1 Introduction

People are often baffled by my theory of consciousness, which seems to them to be summed up neatly in the paradoxical claim that consciousness is an illusion. How could that be? Whose illusion? And would it not be a conscious illusion? What a hopeless view! In a better world, the principle of charity would set in and they would realise that I probably had something rather less daft in mind, but life is short, and we’ll have one less difficult and counterintuitive theory to worry about if we just dismiss Dennett’s as the swiftly self-refuting claim that consciousness is an illusion. Other theorists, including, notably, Nicholas Humphrey (2006, 2011), Thomas Metzinger (2003, 2009) and Jesse Prinz (2012), know better, and offer theories that share important features with mine. I toyed with the idea of trying to re-offer my theory in terms that would signal the areas of agreement and disagreement with these welcome allies, but again, life is short, and I have found that task simply too much hard work. So with apologies, I’m going to restate my position with a few new—or at least newly emphasized—wrinkles, and let them tell us where we agree and disagree.

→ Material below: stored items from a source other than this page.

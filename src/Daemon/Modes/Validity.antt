-- ===== src/Daemon/Modes/Validity.antt =====
-- What an accepted configuration guarantees.
use buildkit_service.Prelude.{
  ℕ, ◌+◌, ◌^◌, ◌≤◌, ◌<◌, ◌≡◌, Bool, true, false, some, [], ◌∷◌, Map, Text, eq_text, trim_space,
  text_eq_refl, subst, lookup, Result, ◌>>◌, guard, ok, ℤ, pos, pos_part, Bool-cases, Option-cases,
  Result-cases, inl, inr, arith,
}
use buildkit_service.Daemon.Modes.{
  BuildModes, ModeConfig, Decoded, refused, decoded, valid_build_mode_name, add_int, check_configs,
  modes_of, parse_build_modes, resolve, only_default, or_default, modes_from, is_blank,
}

-- The true sum, without wrap-around.
abbrev pub total_concurrency : Map Text ModeConfig → ℕ
total_concurrency [] = 0
total_concurrency ((name, cfg) ∷ m) = pos_part cfg.concurrency + total_concurrency m

abbrev pub AllValid : Map Text ModeConfig → Type 0
AllValid [] = Unit
AllValid ((name, cfg) ∷ m) =
    (valid_build_mode_name name ≡ true) × (0 < pos_part cfg.concurrency) × AllValid m

check_configs_sound :
    (m : Map Text ModeConfig) (t : ℕ) (r : ℕ) → check_configs m t ≡ ok r → AllValid m
unfolding check_configs
check_configs_sound [] t r h = tt
check_configs_sound ((name, cfg) ∷ m) t r h =
    ground (arith, check_configs_sound m (add_int t cfg.concurrency) r)

check_configs_total :
    (m : Map Text ModeConfig) (t : ℕ) (r : ℕ)
    → check_configs m t ≡ ok r
    → t + total_concurrency m < 2 ^ 63
    → r ≡ t + total_concurrency m
unfolding check_configs
check_configs_total [] t r h b = ground arith
check_configs_total ((name, cfg) ∷ m) t r h b =
    ground (arith, check_configs_total m (add_int t cfg.concurrency) r)

-- What the rest of the daemon takes for granted of its modes.
pub record IsUsable (max_concurrency : ℤ) (m : BuildModes) : Type 0 where
  pub default_defined : (cfg : ModeConfig) × (lookup m.default_mode m.configs ≡ some cfg)
  pub valid : m.explicit ≡ true → AllValid m.configs
  pub within :
      m.explicit ≡ true
      → 0 < pos_part max_concurrency
      → total_concurrency m.configs < 2 ^ 63
      → total_concurrency m.configs ≤ pos_part max_concurrency

modes_of-IsUsable :
    (default_mode : Text) (max_concurrency : ℤ) (d : Decoded) (m : BuildModes)
    → modes_of default_mode max_concurrency d ≡ ok m
    → IsUsable max_concurrency m
unfolding modes_of
modes_of-IsUsable default_mode max_concurrency refused m h = cc
modes_of-IsUsable default_mode max_concurrency (decoded configs trailing) m h =
    elim (Result-cases (check_configs configs 0)) [
      | inr (e, c) ↦ ground (arith, c)
      | inl (r, c) ↦ elim (Option-cases (lookup default_mode configs)) [
        | inl gone ↦ ground (arith, c, gone)
        | inr (cfg, found) ↦ record {
          default_defined = (cfg, ground (arith, c, found));
          valid = λ _.
              let same : configs ≡ m.configs = ground (arith, c, found) in
              subst AllValid same (check_configs_sound configs 0 r c);
          within = λ _ limited small. ground (arith, c, found, check_configs_total configs 0 r c);
        }
      ]
    ]

only_default-IsUsable :
    (default_mode : Text) (max_concurrency : ℤ)
    → IsUsable max_concurrency (only_default default_mode)
unfolding lookup
only_default-IsUsable default_mode max_concurrency = record {
  default_defined =
      (record { concurrency = pos 0; routing_enabled = false }, rw (text_eq_refl default_mode));
  valid = λ e. cc;
  within = λ e. cc;
}

ok_eq {ℓ κ} : {E : Type ℓ} {A : Type κ} {a b : A} → ◌≡◌ {A = Result E A} (ok a) (ok b) → a ≡ b
ok_eq h = cc

guarded {ℓ κ} :
    {E : Type ℓ} {A : Type κ} (b : Bool) (e : E) (r : Result E A) {a : A}
    → (guard b e >> r) ≡ ok a
    → r ≡ ok a
guarded true e r h = h
guarded false e r h = cc

modes_from-IsUsable :
    (decode : Text → Decoded) (raw default_mode : Text) (max_concurrency : ℤ) (m : BuildModes)
    → modes_from decode raw default_mode max_concurrency ≡ ok m
    → IsUsable max_concurrency m
unfolding modes_from
modes_from-IsUsable decode raw default_mode max_concurrency m h = elim (Bool-cases (is_blank raw)) [
  | inl e ↦
      let same : only_default default_mode ≡ m = ok_eq (rw e at h) in
      subst (IsUsable max_concurrency) same (only_default-IsUsable default_mode max_concurrency)
  | inr e ↦ modes_of-IsUsable default_mode max_concurrency (decode raw) m (rw e at h)
]

-- A configuration that parseBuildModes accepts defines its default mode. If modes are given in it,
-- each has a valid name and a positive concurrency; and if the maximum is positive and the sum of
-- the concurrencies is below 2^63, the sum is at most the maximum.
pub parse_build_modes-IsUsable :
    (decode : Text → Decoded) (raw default_raw : Text) (max_concurrency : ℤ) (m : BuildModes)
    → parse_build_modes decode raw default_raw max_concurrency ≡ ok m
    → IsUsable max_concurrency m
unfolding parse_build_modes
parse_build_modes-IsUsable decode raw default_raw max_concurrency m h =
    modes_from-IsUsable decode raw (or_default (trim_space default_raw)) max_concurrency m
      (guarded (valid_build_mode_name (or_default (trim_space default_raw))) _ _ h)

-- Of an accepted configuration, a request that names no mode gets the default mode.
pub resolve-parse_build_modes :
    (decode : Text → Decoded) (raw default_raw request : Text) (max_concurrency : ℤ)
    (m : BuildModes)
    → parse_build_modes decode raw default_raw max_concurrency ≡ ok m
    → trim_space request ≡ []
    → (cfg : ModeConfig) × (resolve (some m) request ≡ some (m.default_mode, cfg))
unfolding resolve
resolve-parse_build_modes decode raw default_raw request max_concurrency m h blank =
    let (cfg, found) =
      (parse_build_modes-IsUsable decode raw default_raw max_concurrency m h).default_defined in
    (cfg, rw blank (ground (arith, found)))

I take one of the usefully wrong landmarks in current thinking about consciousness to be Ned Block’s attempt to distinguish “phenomenal consciousness” from “access consciousness.” His view has several problems that I have pointed out before (Dennett 1994, 1995, 2005; Cohen & Dennett 2011), but my criticisms have not been sufficiently persuasive, so I am going to attempt, yet again, to show why we should abandon this distinction as scientifically insupportable and deeply misleading. My attempt should at least help put my alternative view in a better light, where it can be assayed against the views of Block and others. Here is the outline, couched in terms that will have to be clarified and adjusted as we go along:

  1. There is no double transduction in the brain. (section 1)
    Therefore there is no second medium, the medium of consciousness or, as I like to call this imaginary phenomenon, the MEdium.
    Therefore, qualia, conceived of as states of this imaginary medium, do not exist.

  2. But it seems to us that they do. (section 2) It seems that qualia are the source or cause of our judgments about phenomenal properties (“access consciousness”), but this is backwards. If they existed, they would have to be the effects of those judgments.

  3. The seeming alluded to in proposition 2 is to be explained in terms of Bayesian expectations. (section 3)

  4. Why do qualia seem simple and ineffable? This is an effect, a byproduct, an artifact of “access consciousness.” (section 4)

  5. Whose access? Not a witness in the Cartesian Theater (because there is no such functional place). (section 5)
    The access of other people! Our “first-person” subjectivity is shaped by the pressure of “second-persons”—interlocutors—to have practical access to what is going on in our minds.

  6. A thought experiment shows how even color qualia can be understood as Bayesian projections.